<strong>Marcatti:</strong> mais underground que o diabo

MARCATTI é o cara mais underground que eu conheço. Desde o final dos anos 70 ele nos brinda com seus gibis publicados de maneira independente. Títulos como Refugo, LôdoMijo, Ventosa  nasceram na emblemática Rex Rotary - impressora dinamarquesa onde o autor imprimiu a maioria de seus quadrinhos - .  Influenciado por Robert Crumb, Gilbert Shelton, Basil Wolwerton, Harvey Kurtzman, Hunt Emerson e Wolinski, o quadrinhista desenvolveu um estilo único e inconfundível que pôde ser conferido também nas revistas Chiclete com Banana, Circo, Tralha e Mil Perigos.  Além de publicações marginais (Creme de Milho com Bacon, Glaucomix - o pedólatra, Ratos de Porão Comix, etc.) Marcatti ainda teve trabalhos publicados por algumas editoras, foi o caso da série Frauzio e da coletânea Restolhada. No início de 2000 chegou a montar sua própria editora (na verdade legalizou a PRO-C, a mesma que mantinha desde o início das publicações), trazendo à luz Desventuras de Frauzio, Fábulas do Escárnio e Prega. Toda essa trajetória rendeu a Marcatti 4 prêmios HQ Mix consecutivos, como melhor publicação independente, e um prêmio Jayme Cortez, dado a quem incentiva os quadrinhos brasileiros. Em janeiro foi lançado pela Conrad seu trabalho mais recente, o livro Mariposa. O traço sujo e as histórias recheadas de escatologia compõem a linguagem essencialmente subterrânea de seus quadrinhos. Diversão garantida e uma rara oportunidade de rir de si mesmo e da raça humana.

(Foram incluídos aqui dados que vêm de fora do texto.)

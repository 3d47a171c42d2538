-- ===== src/RateLimit/Tests.antt =====
-- The limiter at concrete requests.
use aurora_old.Base.{[], ◌∷◌, ◌≡◌, refl, arith}
use aurora_old.Base.Int.{pos, ◌+ℤ◌}
use aurora_old.Base.Assoc.{lookup}
use aurora_old.RateLimit.Limiter.{Rule, Bucket, Buckets}
use aurora_old.RateLimit.Window.{count_allowed, count_allowed-window}

abbrev two_a_minute : Rule
two_a_minute = record { name = "t"; limit = pos 2; window = pos 60; key_prefix = "auth" }

abbrev spent : Bucket
spent = record { tokens = pos 0; max_tokens = pos 2; last_refill_at = pos 5; window = pos 60 }

abbrev spent_alone : Buckets
spent_alone = ("auth:alice", spent) ∷ []

count_allowed-window_example :
    count_allowed "alice" two_a_minute (pos 5 ∷ pos 6 ∷ pos 7 ∷ pos 8 ∷ []) [] ≡ 2
unfolding lookup ◌+ℤ◌
count_allowed-window_example =
    count_allowed-window "alice" two_a_minute 2 (pos 5) (pos 6 ∷ pos 7 ∷ pos 8 ∷ []) [] refl refl
      (omega arith) (omega arith) (omega arith) (omega arith)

Em pleno domingo de Carnaval, fomos até o pequeno estúdio no bairro do Tatuapé onde, munidos de gravador e máquina fotográfica, registramos as idéias do Papa da marginália paulistana. (Sandro Eduardo Saraiva)

Revista Etcetera: Em Heavy Metal do Senhor, Zeca Baleiro canta que o diabo é o cara mais underground. Discordo absolutamente, o cara mais underground é o Marcatti...

Marcatti: ...é a encarnação do diabo (risos).

Etc: ...Desde o final dos anos 70 e começo dos 80 você se autoproduziu, confeccionando suas revistas na hoje mítica e emblemática impressora dinamarquesa Rex Rotary. Queria saber se essa autoprodução foi falta de opção ou tinha o lance de fazer guerrilha mesmo, inadequação ao meio de produção, de não querer participar de esquema de editora e de ter controle total sobre seu trabalho, até mesmo por se tratar de um trabalho bastante autoral, etc.

Marcatti: Na verdade o lance de me manter independente foi uma conseqüência. Faço quadrinhos desde moleque. Da mesma maneira que hoje existem os fanzines, revistas eletrônicas, internet, uma série de recursos que tornou tudo mais fácil, na época não tinha nada disso, e ainda pra piorar, existia uma porra de uma ditadura militar. Já não era fácil editar uma revista, ainda mais com censura!  Meu esquema de autoprodução foi porque quando comecei a desenhar entrava de gaiato nas revistas alternativas feitas em faculdade, mas de repente todas pararam, aquele pessoal que tava fazendo saiu da faculdade e o quadro não se renovou, então não tinha mais onde publicar. A iniciativa de comprar uma impressora foi porque eu estudava no Senai e tal...essa história todo mundo conhece...minha intenção era fazer quadrinhos, não uma coisa revolucionária, eu queria fazer história em quadrinhos, publicar meu trabalho, inclusive fazia sem nenhum amadurecimento. Quando comprei a máquina, trabalhava da maneira que eu bem entendia, cometendo erros. Então eu fui imprimindo, não só eu, haviam pessoas que me acompanhavam, publicavam, afinal a máquina era pra isso. Não a usava para fins comerciais ou para serviços de gráfica, era só pra imprimir gibis. As pessoas foram se aproximando, publiquei várias revistas com esse exercício de linguagem que acabou criando uma liberdade que eu não teria numa editora. Foi uma conseqüência, não uma coisa do tipo “ah eu vou fazer assim porque as editoras nunca vão me publicar”, elas não quiseram me publicar, não querem, justamente porque eu comecei a fazer aquelas merdas (risos).